I have no idea what you are talking about  :tongue:


----------



## BrownieM (Aug 30, 2010)

danemama08 said:


> If I adopted a GDV prone dog that was already spayed or neutered I'd have the pexy done regardless. While there are risks to putting dogs under anesthesia, I think the bigger risk is leaving a GDV prone dog un-pexied. JUst make sure you do all the necessary precautions for surgery to lessen the chances of complications.
> 
> 
> 
> ...



I think that our different views have to do largely with the fact that you own a Dane and have spent time around so many Danes in rescue. Bloat does occur in standard poodles, but it just doesn't occur enough for me to say that someone with a standard poodle should absolutely, undoubtedly tack their poodle. With a standard poodle, IMO, it truly depends on the individual dog, and it is worth considering both sides as well as consulting a vet and possibly the breeder.

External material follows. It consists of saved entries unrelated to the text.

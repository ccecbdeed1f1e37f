-- ===== src/Common/Text.antt =====
-- JavaScript's string methods on the native texts, by code point: `trim`, `startsWith`, `includes`,
-- `slice(0, n)` and the order of `<`. A code point above the basic plane counts as two UTF-16 units.
pub mod Order
pub mod Prefix
pub mod Trim
use Prim.Native.Char.{Char, code}
use Prim.Native.Nat.{ℕ, zero, suc, ◌+◌, ◌-◌, ◌/◌, ◌%◌}
use Prim.Native.String.{String}
use mathlib.Core.Bool.{Bool, true, false, ◌&&◌, ◌||◌}
use mathlib.Core.Option.{Option, none, some}
use mathlib.Core.List.{List, [], ◌∷◌}
use wai_ai.Common.Tests.{ltb, leb, eqb, if◌then◌else◌}

-- Truthiness of a string: `!s` is `s === ''`.
abbrev pub truthy : String → Bool
truthy String.[] = false
truthy (String.◌∷◌ c s) = true

-- `s || …` and `s && …` on a string that may be null: what is left of it if it is truthy.
abbrev pub present : Option String → Option String
present none = none
present (some s) = if truthy s then some s else none

-- `s + t`, and a template of the two
unfoldable pub append : String → String → String
append String.[] t = t
append (String.◌∷◌ c s) t = String.◌∷◌ c (append s t)

-- WhiteSpace and LineTerminator of ECMAScript, which `trim` removes and `\s` matches.
unfoldable pub is_space : ℕ → Bool
is_space c =
    leb 9 c && leb c 13
    || eqb c 32
    || eqb c 0xa0
    || eqb c 0x1680
    || leb 0x2000 c && leb c 0x200a
    || eqb c 0x2028
    || eqb c 0x2029
    || eqb c 0x202f
    || eqb c 0x205f
    || eqb c 0x3000
    || eqb c 0xfeff

unfoldable pub trim_start : String → String
trim_start String.[] = String.[]
trim_start (String.◌∷◌ c s) = if is_space (code c) then trim_start s else String.◌∷◌ c s

-- One character put before a text whose end is trimmed already.
unfoldable pub put_before : Char → String → String
put_before c String.[] = if is_space (code c) then String.[] else String.◌∷◌ c String.[]
put_before c (String.◌∷◌ d s) = String.◌∷◌ c (String.◌∷◌ d s)

unfoldable pub trim_end : String → String
unfolding put_before
trim_end String.[] = String.[]
trim_end (String.◌∷◌ c s) = put_before c (trim_end s)

-- `s.trim()`
unfoldable pub trim : String → String
unfolding trim_start trim_end is_space
trim s = trim_end (trim_start s)

-- `s.startsWith(p)`
unfoldable pub starts_with : String → String → Bool
starts_with s String.[] = true
starts_with String.[] (String.◌∷◌ d p) = false
starts_with (String.◌∷◌ c s) (String.◌∷◌ d p) = eqb (code c) (code d) && starts_with s p

-- `s.includes(p)`
unfoldable pub includes : String → String → Bool
unfolding starts_with
includes String.[] p = starts_with String.[] p
includes (String.◌∷◌ c s) p = starts_with (String.◌∷◌ c s) p || includes s p

-- The UTF-16 code units of a text.
unfoldable pub units : String → List ℕ
units String.[] = []
units (String.◌∷◌ c s) =
    let rest = units s in
    if ltb (code c) 0x10000
    then code c ∷ rest
    else (0xd800 + (code c - 0x10000) / 1024) ∷ (0xdc00 + (code c - 0x10000) % 1024) ∷ rest

-- Lists of code units in the order of a dictionary.
unfoldable pub lex_lt : List ℕ → List ℕ → Bool
lex_lt xs [] = false
lex_lt [] (y ∷ ys) = true
lex_lt (x ∷ xs) (y ∷ ys) = if eqb x y then lex_lt xs ys else ltb x y

-- `s < t`
unfoldable pub text_lt : String → String → Bool
unfolding lex_lt units
text_lt s t = lex_lt (units s) (units t)

-- `s.slice(0, n)`, which counts UTF-16 units. (A pair that the cut would halve is left out.)
unfoldable pub slice_start : ℕ → String → String
slice_start n String.[] = String.[]
slice_start zero (String.◌∷◌ c s) = String.[]
slice_start (suc n) (String.◌∷◌ c s) =
    if ltb (code c) 0x10000
    then String.◌∷◌ c (slice_start n s)
    else if eqb n 0
    then String.[]
    else String.◌∷◌ c (slice_start (n - 1) s)

-- `s.trim().toLowerCase()` of a search box; `lower` is the engine's `toLowerCase`.
abbrev pub needle : (String → String) → String → String
needle lower query = lower (trim query)

-- `s?.toLowerCase().includes(q)`
unfoldable pub contains : (String → String) → String → Option String → Bool
unfolding includes
contains lower q none = false
contains lower q (some s) = includes (lower s) q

ETA: I am not against preventative gastropexy in the least. I just think its important to consider the individual dog, environmental factors, familial factors, consult veterinarians and even the breeder before deciding whether or not tacking is appropriate in the given case. I very well may or may not decide to tack Millie as she continues to mature. I also may or may not tack my standard poodle puppy I plan on purchasing in the next 2 years :wink:. The only time I think that gastropexy should absolutely NOT be done is if the dog being used for breeding/for stud. IMO, gastropexy on this dog/bitch would prevent one from knowing if the dog was passing a predisposition of bloat to puppies.


----------



## DaneMama (Jun 27, 2008)

BrownieM said:


> I think that our different views have to do largely with the fact that you own a Dane and have spent time around so many Danes in rescue. Bloat does occur in standard poodles, but it just doesn't occur enough for me to say that someone with a standard poodle should absolutely, undoubtedly tack their poodle. With a standard poodle, IMO, it truly depends on the individual dog, and it is worth considering both sides as well as consulting a vet and possibly the breeder.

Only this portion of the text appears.